◆ Saved entries ◆
-*-*-

-- ===== src/Auth/Login/Reasons.antt =====
-- Why a user may log in.
use nyzrating.Prelude.{ℕ, ◌≡◌, true, false, none, some, ◌⊎◌}
use nyzrating.Prelude.Text.{Text, or_empty}
use nyzrating.Users.{User, get_by_id, get_by_email}
use nyzrating.Auth.TwoFactor.Codes.{TwoFactorCode, get_valid_code}
use nyzrating.Auth.TwoFactor.Pending.{get_user_id}
use nyzrating.Auth.TwoFactor.Authenticators.{get_enabled_secret}
use nyzrating.Auth.TwoFactor.Totp.{verify_authenticator_code}
use nyzrating.Auth.Login.{AuthDb, LoginService, LoginInput}

-- An active user whose password was right, where nothing asks for a second factor.
pub record ByPassword (svc : LoginService) (inp : LoginInput) (db : AuthDb) (user : User)
    : Type 0 where
  pub by_email : get_by_email (or_empty inp.email) db.users ≡ some user
  pub is_active : user.is_active ≡ true
  pub password : svc.verify_password (or_empty inp.password) user.password_hash ≡ true
  pub switched_off : svc.is_two_factor_enabled ≡ false
  pub no_secret : get_enabled_secret user.id db.authenticators ≡ none

-- A code that the authenticator of the user shows, or else a valid e-mailed code.
abbrev pub CodeOk : LoginService → LoginInput → AuthDb → ℕ → Type 0
CodeOk svc inp db user_id =
    ((secret : Text) × (get_enabled_secret user_id db.authenticators ≡ some secret)
      × (verify_authenticator_code svc.crypto inp.now secret (or_empty inp.two_factor_code)
          ≡ some true))
    ⊎ ((code : TwoFactorCode) × (get_enabled_secret user_id db.authenticators ≡ none)
        × (get_valid_code svc.sha256_hex inp.now user_id (or_empty inp.two_factor_code)
              db.factors.code_table
            ≡ some code))

-- An active user of a pending token that has not expired, with a right code.
pub record BySecondFactor (svc : LoginService) (inp : LoginInput) (db : AuthDb) (user : User)
    : Type 0 where
  pub user_id : ℕ
  pub is_pending : get_user_id inp.now (or_empty inp.pending_token) db.pendings ≡ some user_id
  pub by_id : get_by_id user_id db.users ≡ some user
  pub is_active : user.is_active ≡ true
  pub code_ok : CodeOk svc inp db user_id

abbrev pub Why : LoginService → LoginInput → AuthDb → User → Type 0
Why svc inp db user = ByPassword svc inp db user ⊎ BySecondFactor svc inp db user
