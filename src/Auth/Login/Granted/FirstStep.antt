-- ===== src/Auth/Login/Granted/FirstStep.antt =====
-- What the first step of a login ends with.
use nyzrating.Prelude.{
  ◌≡◌, refl, false, not, ◌&&◌, Option, none, some, is_some, List, inl, inr, Option-cases, arith,
}
use nyzrating.Prelude.Text.{Text, or_empty}
use nyzrating.Users.{User, get_by_email}
use nyzrating.Auth.Tokens.{Jwt, Config}
use nyzrating.Auth.TwoFactor.Pending.{PendingLogin}
use nyzrating.Auth.TwoFactor.Authenticators.{get_enabled_secret}
use nyzrating.Auth.TwoFactor.Service.{Factors}
use nyzrating.Auth.Login.{AuthDb, LoginService, LoginInput, refused}
use nyzrating.Auth.Login.First.{after_send, after_pending, challenge, check_password}
use nyzrating.Auth.Login.Outcome.{EndsWell, issue-EndsWell, if-EndsWell, split-EndsWell}
use nyzrating.Auth.Login.Reasons.{Why}

module _ {T : Type 0} (jwt : Jwt T) (config : Config) (svc : LoginService) where
  send-EndsWell :
      (inp : LoginInput) (W : User → Type 0) (before db : AuthDb) (user : User)
      (sent : Option Factors)
      → db.sessions ≡ before.sessions
      → EndsWell jwt config inp W before (after_send jwt config svc inp db sent)
  send-EndsWell inp W before db user none e = e
  send-EndsWell inp W before db user (some factors) e = e

  pending-EndsWell :
      (inp : LoginInput) (W : User → Type 0) (before db : AuthDb) (user : User)
      (secret : Option Text) (pendings : Option (List PendingLogin))
      → db.sessions ≡ before.sessions
      → EndsWell jwt config inp W before (after_pending jwt config svc inp user secret db pendings)
  pending-EndsWell inp W before db user secret none e = e
  pending-EndsWell inp W before db user (some secret) (some pendings) e = e
  pending-EndsWell inp W before db user none (some pendings) e =
      elim (Option-cases svc.two_factor_service) [
        | inl off ↦ rw off e
        | inr (s, on) ↦ rw on (send-EndsWell inp W before _ user _ e)
      ]

  challenge-EndsWell :
      (inp : LoginInput) (W : User → Type 0) (before db : AuthDb) (user : User)
      → db.sessions ≡ before.sessions
      → (svc.is_two_factor_enabled ≡ false
          → get_enabled_secret user.id db.authenticators ≡ none
          → W user)
      → EndsWell jwt config inp W before (challenge jwt config svc inp user db)
  unfolding challenge
  challenge-EndsWell inp W before db user e why =
      split-EndsWell jwt config inp W before
        (not svc.is_two_factor_enabled
          && not (is_some (get_enabled_secret user.id db.authenticators)))
        _ _
        (λ b. issue-EndsWell jwt config inp W user before db (why (ground arith) (ground arith)) e)
        (if-EndsWell jwt config inp W before
          (not (is_some svc.two_factor_service)
            && not (is_some (get_enabled_secret user.id db.authenticators)))
          (refused, db) _ e (pending-EndsWell inp W before db user _ _ e))

  pub password-EndsWell :
      (inp : LoginInput) (db : AuthDb) (user : Option User)
      → get_by_email (or_empty inp.email) db.users ≡ user
      → EndsWell jwt config inp (Why svc inp db) db (check_password jwt config svc inp user db)
  password-EndsWell inp db none f = refl
  password-EndsWell inp db (some user) f =
      split-EndsWell jwt config inp (Why svc inp db) db user.is_active _ _
        (λ active.
          split-EndsWell jwt config inp (Why svc inp db) db
            (svc.verify_password (or_empty inp.password) user.password_hash) _ _
            (λ right. challenge-EndsWell inp (Why svc inp db) db _ user refl (λ off secret.
              inl (record {
                by_email = f;
                is_active = active;
                password = right;
                switched_off = off;
                no_secret = secret;
              })))
            refl)
        refl
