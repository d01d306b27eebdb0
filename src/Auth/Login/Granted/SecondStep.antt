-- ===== src/Auth/Login/Granted/SecondStep.antt =====
-- What the second step of a login ends with.
use nyzrating.Prelude.{
  ℕ, ◌≡◌, refl, Bool, true, false, ◌&&◌, ◌||◌, Option, none, some, is_some, List, inl, inr,
  Bool-cases, ◌==◌, arith, sym, subst,
}
use nyzrating.Prelude.Text.{Text, truthy, or_empty}
use nyzrating.Users.{User, get_by_id}
use nyzrating.Auth.Tokens.{Jwt, Config}
use nyzrating.Auth.TwoFactor.Codes.{TwoFactorCode, get_valid_code}
use nyzrating.Auth.TwoFactor.Pending.{get_user_id}
use nyzrating.Auth.TwoFactor.Authenticators.{get_enabled_secret}
use nyzrating.Auth.TwoFactor.Totp.{verify_authenticator_code}
use nyzrating.Auth.TwoFactor.Attempts.{Attempt}
use nyzrating.Auth.TwoFactor.Service.{
  TwoFactorService, after_lookup, any_blocked, is_limited, verify_code,
}
use nyzrating.Auth.Login.{AuthDb, LoginService, LoginInput}
use nyzrating.Auth.Login.Second.{
  authenticator_max_attempts, authenticator_window, authenticator_scopes, limited, log_in,
  after_code, wrong_authenticator, judge_authenticator, check_authenticator, judge_email,
  check_factor, check_pending,
}
use nyzrating.Auth.Login.Outcome.{EndsWell, issue-EndsWell, if-EndsWell, split-EndsWell}
use nyzrating.Auth.Login.Reasons.{CodeOk, Why}

module _ {T : Type 0} (jwt : Jwt T) (config : Config) (svc : LoginService) where
  log_in-EndsWell :
      (inp : LoginInput) (before db : AuthDb) (user_id : ℕ) (found : Option User)
      → get_user_id inp.now (or_empty inp.pending_token) before.pendings ≡ some user_id
      → CodeOk svc inp before user_id
      → get_by_id user_id before.users ≡ found
      → db.sessions ≡ before.sessions
      → EndsWell jwt config inp (Why svc inp before) before (log_in jwt config svc inp found db)
  log_in-EndsWell inp before db user_id none p c f e = e
  log_in-EndsWell inp before db user_id (some user) p c f e =
      split-EndsWell jwt config inp (Why svc inp before) before user.is_active _ _
        (λ active.
          issue-EndsWell jwt config inp (Why svc inp before) user before db
            (inr (record {
              user_id = user_id;
              is_pending = p;
              by_id = f;
              is_active = active;
              code_ok = c;
            }))
            e)
        e

  after_code-EndsWell :
      (inp : LoginInput) (before db : AuthDb) (user_id : ℕ)
      → get_user_id inp.now (or_empty inp.pending_token) before.pendings ≡ some user_id
      → CodeOk svc inp before user_id
      → db.users ≡ before.users
      → db.sessions ≡ before.sessions
      → EndsWell jwt config inp
          (Why svc inp before)
          before
          (after_code jwt config svc inp (or_empty inp.pending_token) user_id db)
  unfolding after_code
  after_code-EndsWell inp before db user_id p c u e =
      log_in-EndsWell inp before _ user_id (get_by_id user_id db.users) p c
        (subst (λ us. get_by_id user_id before.users ≡ get_by_id user_id us) (sym u) refl) e

  wrong-EndsWell :
      (inp : LoginInput) (W : User → Type 0) (s : TwoFactorService) (token : Text) (db : AuthDb)
      (r : Bool × List Attempt)
      → EndsWell jwt config inp W db (wrong_authenticator jwt config svc s token db r)
  wrong-EndsWell inp W s token db (blocked_now, rows) =
      if-EndsWell jwt config inp W db s.has_attempt_repo _ _
        (if-EndsWell jwt config inp W db blocked_now _ _ refl refl) refl

  judge_authenticator-EndsWell :
      (inp : LoginInput) (s : TwoFactorService) (db : AuthDb) (user_id : ℕ) (secret : Text)
      (verdict : Option Bool)
      → get_user_id inp.now (or_empty inp.pending_token) db.pendings ≡ some user_id
      → get_enabled_secret user_id db.authenticators ≡ some secret
      → verify_authenticator_code svc.crypto inp.now secret (or_empty inp.two_factor_code) ≡ verdict
      → EndsWell jwt config inp
          (Why svc inp db)
          db
          (judge_authenticator jwt config svc s inp (or_empty inp.pending_token) user_id db verdict)
  judge_authenticator-EndsWell inp s db user_id secret none p q v = refl
  judge_authenticator-EndsWell inp s db user_id secret (some false) p q v =
      wrong-EndsWell inp (Why svc inp db) s (or_empty inp.pending_token) db _
  judge_authenticator-EndsWell inp s db user_id secret (some true) p q v =
      after_code-EndsWell inp db _ user_id p (inl (secret, q, v)) (ground arith) (ground arith)

  lookup-EndsWell :
      (inp : LoginInput) (s : TwoFactorService) (db : AuthDb) (user_id : ℕ)
      (found : Option TwoFactorCode)
      → get_user_id inp.now (or_empty inp.pending_token) db.pendings ≡ some user_id
      → get_enabled_secret user_id db.authenticators ≡ none
      → get_valid_code svc.sha256_hex inp.now user_id
          (or_empty inp.two_factor_code)
          db.factors.code_table
        ≡ found
      → EndsWell jwt config inp (Why svc inp db) db (
          judge_email jwt config svc inp (or_empty inp.pending_token) user_id db (
            some (
              after_lookup svc.sha256_hex s inp.now user_id
                (some (or_empty inp.pending_token))
                inp.ip
                db.factors
                found)))
  lookup-EndsWell inp s db user_id none p q v =
      elim (Bool-cases
        (s.has_attempt_repo && (truthy (or_empty inp.pending_token) || is_some inp.ip))) [
          | inl b ↦ rw b refl
          | inr b ↦ rw b refl
        ]
  lookup-EndsWell inp s db user_id (some code) p q v =
      after_code-EndsWell inp db _ user_id p (inr (code, q, v)) refl refl

  judge_email-EndsWell :
      (inp : LoginInput) (s : TwoFactorService) (db : AuthDb) (user_id : ℕ)
      → get_user_id inp.now (or_empty inp.pending_token) db.pendings ≡ some user_id
      → get_enabled_secret user_id db.authenticators ≡ none
      → EndsWell jwt config inp (Why svc inp db) db (
          judge_email jwt config svc inp (or_empty inp.pending_token) user_id db (
            verify_code svc.sha256_hex s inp.now user_id
              (or_empty inp.two_factor_code)
              (some (or_empty inp.pending_token))
              inp.ip
              db.factors))
  unfolding verify_code
  judge_email-EndsWell inp s db user_id p q =
      elim (Bool-cases (
        is_limited svc.sha256_hex s inp.now user_id (some (or_empty inp.pending_token)) inp.ip
          db.factors)) [
            | inl limited ↦ rw limited refl
            | inr free ↦ rw free (lookup-EndsWell inp s db user_id _ p q refl)
          ]

  check_factor-EndsWell :
      (inp : LoginInput) (s : TwoFactorService) (db : AuthDb) (user_id : ℕ) (secret : Option Text)
      → get_user_id inp.now (or_empty inp.pending_token) db.pendings ≡ some user_id
      → get_enabled_secret user_id db.authenticators ≡ secret
      → EndsWell jwt config inp
          (Why svc inp db)
          db
          (check_factor jwt config svc s inp (or_empty inp.pending_token) user_id secret db)
  unfolding check_authenticator
  check_factor-EndsWell inp s db user_id none p q = judge_email-EndsWell inp s db user_id p q
  check_factor-EndsWell inp s db user_id (some secret) p q =
      if-EndsWell jwt config inp (Why svc inp db) db
        (s.has_attempt_repo
          && any_blocked inp.now (authenticator_max_attempts s) (authenticator_window s)
              (authenticator_scopes user_id (or_empty inp.pending_token) inp.ip)
              db.factors.attempt_rows)
        (limited jwt config svc (or_empty inp.pending_token) db) _ refl
        (judge_authenticator-EndsWell inp s db user_id secret _ p q refl)

  pub check_pending-EndsWell :
      (inp : LoginInput) (s : Option TwoFactorService) (db : AuthDb) (user_id : Option ℕ)
      → get_user_id inp.now (or_empty inp.pending_token) db.pendings ≡ user_id
      → EndsWell jwt config inp
          (Why svc inp db)
          db
          (check_pending jwt config svc s inp (or_empty inp.pending_token) user_id db)
  check_pending-EndsWell inp s db none p = refl
  check_pending-EndsWell inp none db (some user_id) p = refl
  check_pending-EndsWell inp (some s) db (some user_id) p =
      if-EndsWell jwt config inp (Why svc inp db) db (user_id == 0) _ _ refl
        (check_factor-EndsWell inp s db user_id _ p refl)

-*-*-

◆ Exercise directions ◆
With "found" as the search string, filter the records and return each line that has it.

◆ Answer box ◆
      (inp : LoginInput) (before db : AuthDb) (user_id : ℕ) (found : Option User)
      → get_by_id user_id before.users ≡ found
      → EndsWell jwt config inp (Why svc inp before) before (log_in jwt config svc inp found db)
      (found : Option TwoFactorCode)
        ≡ found
                found)))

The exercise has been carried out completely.